So I guess that by using the N2 in that M6R(7.5V) you are getting some pretty long runtimes compared to the MN20 & MN21?

For me one of the great things about the N2 is that from a 9P+SRTH or M3T it produces a fantastic beam from really compact flashlights.

But, it would be very interesting to have a side-by-side comparison between an M3T (N2) and the M6R(7.5V) (N2) to see when the M3T's output 'fades' compared to the regulated version.
For me those photos show that the standard M6 in both MN20 and MN21 rock and that for me would be worth the extra weight and bulk of the M6 over the M3T, but if the runtime was well extended, and the M6R being rechargeable it would mean the M6R(7.5V) (N2) would surely have serious benefits as a dutylight.

Very Nice!

Al


----------



## cue003 (Jul 22, 2006)

Great job Will. Any idea as to runtime on your pack with the N2?

Curtis


----------



## wquiles (Jul 22, 2006)

cue003 said:


> Great job Will. Any idea as to runtime on your pack with the N2?
> 
> Curtis


In fact, to answer you and Al, I finished charging the pack a little bit ago and I am right now doing the runtime test 

Will


----------



## wquiles (Jul 22, 2006)

OK, just finished. With a fully charged pack, running the N2 on the M6-R(7.5V) I got 59 minutes until the warning flashes started, so I basically got a solid hour of perfect, regulated light 

So far with the M6-R(7.5V) I have:
MN20: 31 minutes
MN15: 66 minutes
N2 : 59 minutes

And between the N2 and the MN15, the N2 has a "pretier" beam 

Will


----------



## wquiles (Jul 22, 2006)

Size15's said:


> So I guess that by using the N2 in that M6R(7.5V) you are getting some pretty long runtimes compared to the MN20 & MN21?
> 
> For me one of the great things about the N2 is that from a 9P+SRTH or M3T it produces a fantastic beam from really compact flashlights.
> 
> ...



SF rates the N2 at 105 lumens for about one hour. I get the same out of my M6/M6-R(7.5V) pack, but with constant output - perfect and regulated, and of course rechargeable. The tradeoff is the larger M6 package and weight.

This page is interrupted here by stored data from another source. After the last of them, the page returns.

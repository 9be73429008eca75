-- ===== src/Modbus.antt =====
-- `MODBUSRegister`, `ReadRegister` and `WriteRegister` of src/modbus_handler/modbus_register.h and
-- modbus_register.cpp: the frames that they send, and how they read the answers. Modbus.Bus is
-- the controller that they hand the frames to.
pub mod Frames
pub mod Answers
pub mod Bus
mod Tests
use ventilation_system_proje.Common.{
  ℕ, ◌+◌, ◌*◌, ◌%◌, ◌^◌, List, Bool, true, false, not, Option, some, none, ◌>>=◌, bit_or, u8, u16,
  u32, ◌<<<◌, ◌>>>◌, ◌==◌, ltb, if◌then◌else◌, get_or, set, take,
}
use ventilation_system_proje.Crc.Modbus.{crc}

abbrev pub payload_max_len : ℕ
payload_max_len = 32

-- The fields of the three classes; both arrays hold `payload_max_len` bytes. The shared pointer to
-- the controller is left out.
pub record ModbusRegister : Type 0 where
  pub rxbuf : List ℕ
  pub rx_len : ℕ
  pub payload : List ℕ
  pub payload_len : ℕ
  pub number_of_registers : ℕ

abbrev pub func_read_holding_register : ℕ
func_read_holding_register = 0x3

abbrev pub func_read_input_registers : ℕ
func_read_input_registers = 0x4

abbrev pub func_write_multiple_registers : ℕ
func_write_multiple_registers = 0x10

abbrev pub payload_header_len : ℕ
payload_header_len = 6

abbrev pub read_expected_characters : ℕ
read_expected_characters = 5

abbrev pub write_expected_characters : ℕ
write_expected_characters = 8

abbrev pub error_packet_len : ℕ
error_packet_len = 5

-- A write into the payload; all of them are at fixed places inside the array.
abbrev pub put : ℕ → ℕ → ModbusRegister → ModbusRegister
put i v r = record r { payload = set r.payload i v }

-- The constructor of the base class. `raw` is the memory of the object, whose arrays the
-- constructor leaves as they are where it writes nothing.
abbrev pub modbus_register : ModbusRegister → ℕ → ℕ → ℕ → ModbusRegister
modbus_register raw device_address register_address number_of_registers =
    let r0 = record raw { number_of_registers = number_of_registers } in
    let r1 = put 0 device_address r0 in
    let r2 = put 2 (u8 (register_address >>> 8)) r1 in
    let r3 = put 3 (u8 register_address) r2 in
    let r4 = put 4 0 r3 in
    let r5 = put 5 number_of_registers r4 in record r5 { payload_len = payload_header_len }

-- The bytes that are sent: `payload_length()` of them from `payload_address()`.
abbrev pub frame : ModbusRegister → List ℕ
frame r = take r.payload_len r.payload

unfoldable pub read_register : ModbusRegister → ℕ → ℕ → ℕ → Bool → Option ModbusRegister
read_register raw device_address register_address number_of_registers holding =
    let r = modbus_register raw device_address register_address number_of_registers in
    let r1 = put 1 (if holding then func_read_holding_register else func_read_input_registers) r in
    do
      pl_crc ← crc r1.payload r1.payload_len
      let r2 = put 6 (u8 pl_crc) r1
      let r3 = put 7 (u8 (pl_crc >>> 8)) r2
      some (record r3 { payload_len = payload_header_len + 2 })

unfoldable pub write_register : ModbusRegister → ℕ → ℕ → ℕ → ModbusRegister
write_register raw device_address register_address number_of_registers =
    put 1 func_write_multiple_registers
      (modbus_register raw device_address register_address number_of_registers)

-- `WriteRegister::start_transfer(uint16_t)` up to the call of the controller.
unfoldable pub write_u16 : ℕ → ModbusRegister → Option ModbusRegister
write_u16 value r =
    let r1 = put 6 2 r in
    let r2 = put 7 (u8 (value >>> 8)) r1 in
    let r3 = put 8 (u8 value) r2 in
    let r4 = record r3 { payload_len = payload_header_len + 3 } in
    do
      pl_crc ← crc r4.payload r4.payload_len
      let r5 = put 9 (u8 pl_crc) r4
      let r6 = put 10 (u8 (pl_crc >>> 8)) r5
      some (record r6 { payload_len = u8 (r6.payload_len + 2) })

-- `payload[payload_len++] = v`.
abbrev pub push : ℕ → ModbusRegister → ModbusRegister
push v r = record r {
  payload = set r.payload r.payload_len v;
  payload_len = u8 (r.payload_len + 1);
}

-- `WriteRegister::start_transfer(uint32_t)` behind its test for one register.
unfoldable pub write_two_words : ℕ → ModbusRegister → Option ModbusRegister
write_two_words value r =
    let r1 = record (put 6 4 r) { payload_len = payload_header_len + 1 } in
    let r2 = push (u8 (value >>> 8)) r1 in
    let r3 = push (u8 value) r2 in
    let r4 = push (u8 (value >>> 24)) r3 in
    let r5 = push (u8 (value >>> 16)) r4 in
    do
      pl_crc ← crc r5.payload r5.payload_len
      let r6 = push (u8 pl_crc) r5
      let r7 = push (u8 (pl_crc >>> 8)) r6
      some r7

-- `WriteRegister::start_transfer(uint32_t)` up to the call of the controller.
unfoldable pub write_u32 : ℕ → ModbusRegister → Option ModbusRegister
unfolding write_u16 write_two_words
write_u32 value r =
    if r.number_of_registers == 1 then write_u16 (u16 value) r else write_two_words value r

-- The expected length of an answer, which `start` takes as an 8-bit number.
unfoldable pub read_rxlen : ModbusRegister → ℕ
read_rxlen r = u8 (read_expected_characters + 2 * r.number_of_registers)

unfoldable pub get16 : ModbusRegister → ℕ
get16 r = u16 (bit_or (u16 (get_or r.rxbuf 3 0 <<< 8)) (get_or r.rxbuf 4 0))

unfoldable pub get32 : ModbusRegister → ℕ
unfolding get16
get32 r =
    if get_or r.rxbuf 2 0 == 2
    then get16 r
    else u32 (
        bit_or
          (bit_or (bit_or (get_or r.rxbuf 5 0 <<< 24) (get_or r.rxbuf 6 0 <<< 16))
            (get_or r.rxbuf 3 0 <<< 8))
          (get_or r.rxbuf 4 0))

-- Both tests read `rx_len` bytes of the buffer.
unfoldable pub read_is_ok : ModbusRegister → Option Bool
read_is_ok r = do
  sum ← crc r.rxbuf r.rx_len
  some (if not (sum == 0) then false else if r.rx_len == error_packet_len then false else true)

unfoldable pub write_is_ok : ModbusRegister → Option Bool
write_is_ok r = do
  sum ← crc r.rxbuf r.rx_len
  some (
      if not (sum == 0)
      then false
      else if ltb r.rx_len write_expected_characters
      then false
      else true)

-- A float is the value that the compiler gives to a bit pattern: `get_float` and
-- `start_transfer(float)` pass the pattern through a union.
module _ {F : Type 0} (of_bits : ℕ → F) (to_bits : F → ℕ) where
  unfoldable pub get_float : ModbusRegister → F
  unfolding get32
  get_float r = of_bits (get32 r)

  unfoldable pub write_float : F → ModbusRegister → Option ModbusRegister
  unfolding write_u32
  write_float value r = write_u32 (to_bits value) r
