-- ===== src/Interpose.antt =====
-- src/interpose.c: the hook of the system calls mmap and munmap, in the build without LLAMA. An
-- argument of a call is a register of 64 bits.
pub mod Spec
mod Tests
use hemem.Prelude.{
  ℕ, ◌-◌, ◌%◌, ◌^◌, Bool, true, false, not, ◌&&◌, ◌||◌, Option, some, ltb, ◌==◌, if◌then◌else◌,
  ◌>>=◌, ℤ, pos, negsuc, ◌==ℤ◌,
}
use hemem.Memory.Kernel.{Reply, ok, Env}
use hemem.Memory.State.{State, Hint}
use hemem.Hemem.Policy.{Policy}
use hemem.Hemem.Mapping.{has_flag, map_anonymous, hemem_mmap, hemem_munmap}

-- What the hook answers: the system call is to be made after all (1), or it is not (0), with a
-- result or without one.
pub data Verdict : Type 0 where
  forward : Verdict
  answered : Reply → Verdict
  silent : Verdict

abbrev pub sys_mmap : ℕ
sys_mmap = 9

abbrev pub sys_munmap : ℕ
sys_munmap = 11

abbrev pub prot_exec : ℕ
prot_exec = 4

abbrev pub map_stack : ℕ
map_stack = 0x20000

-- The least length that HeMem manages.
abbrev pub min_length : ℕ
min_length = 1073741824

-- `(int)x`
unfoldable pub int_of : ℕ → ℤ
int_of x = let w = x % 2 ^ 32 in if ltb w (2 ^ 31) then pos w else negsuc (2 ^ 32 - 1 - w)

-- The file descriptor -420 marks a call that only gives a hint.
abbrev pub hint_fd : ℤ
hint_fd = negsuc 419

-- The hint of a call, with the defaults for arguments that are 0.
unfoldable pub hint_of : ℕ → ℕ → ℕ → Hint
hint_of arg6 arg7 arg8 = record {
  tier = if not (arg6 == 0) then int_of arg6 else negsuc 0;
  persistence = if not (arg7 == 0) then int_of arg7 else pos 0;
  priority = if not (arg8 == 0) then int_of arg8 else pos 0;
}

module _ (e : Env) where
  abbrev S : Type 0
  S = State e.table.Table

  abbrev pub is_devdax : ℤ → Bool
  is_devdax fd = fd ==ℤ pos e.dramfd || fd ==ℤ pos e.nvmfd

  module _ (policy : Policy e) where
    unfoldable pub mmap_filter : ℕ → ℕ → ℕ → ℕ → ℤ → ℕ → Hint → S → Option (Verdict × S)
    mmap_filter addr length prot flags fd offset hint s =
        if fd ==ℤ hint_fd
        then some (silent, record s { hint = hint })
        else if not s.is_init
        then some (forward, s)
        else if s.internal_call
        then some (forward, s)
        else if not (has_flag map_anonymous flags) && not (is_devdax fd)
        then some (forward, s)
        else if has_flag prot_exec prot
        then some (forward, s)
        else if has_flag map_stack flags
        then some (forward, s)
        else if is_devdax fd
        then some (forward, s)
        else if ltb length min_length
        then some (forward, s)
        else (do
          (p, s) ← hemem_mmap e policy addr length prot flags offset s
          some (answered (ok p), s))

    unfoldable pub munmap_filter : ℕ → ℕ → S → Option (Verdict × S)
    munmap_filter addr length s =
        if s.internal_call
        then some (forward, s)
        else (do (r, s) ← hemem_munmap e policy addr length s; some (answered r, s))

    unfoldable pub hook : ℕ → ℕ → ℕ → ℕ → ℕ → ℕ → ℕ → ℕ → ℕ → ℕ → S → Option (Verdict × S)
    hook number arg0 arg1 arg2 arg3 arg4 arg5 arg6 arg7 arg8 s =
        if number == sys_mmap
        then mmap_filter arg0 arg1 (arg2 % 2 ^ 32) (arg3 % 2 ^ 32) (int_of arg4) arg5
            (hint_of arg6 arg7 arg8) s
        else if number == sys_munmap
        then munmap_filter arg0 arg1 s
        else some (forward, s)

I would love to do a side-by-side test comparing brightness, but I no longer have a 3xcell M series body (M3 or L6), so I don't have an easy way to test the N2 on its M3T setup to record the fading/yellowing. If someone can loan me an M3T for a few days I will be more than happy to do the test 

Will


----------



## Size15's (Jul 23, 2006)

wquiles said:


> OK, just finished. With a fully charged pack, running the N2 on the M6-R(7.5V) I got 59 minutes until the warning flashes started, so I basically got a solid hour of perfect, regulated light
> 
> So far with the M6-R(7.5V) I have:
> MN20: 31 minutes
> ...



Thanks Will!

I wonder whether the MN15 & N2 runtimes are repeatable with the N2 always having the slightly shorter runtime, or, the results vary and the runtimes are pretty much the same?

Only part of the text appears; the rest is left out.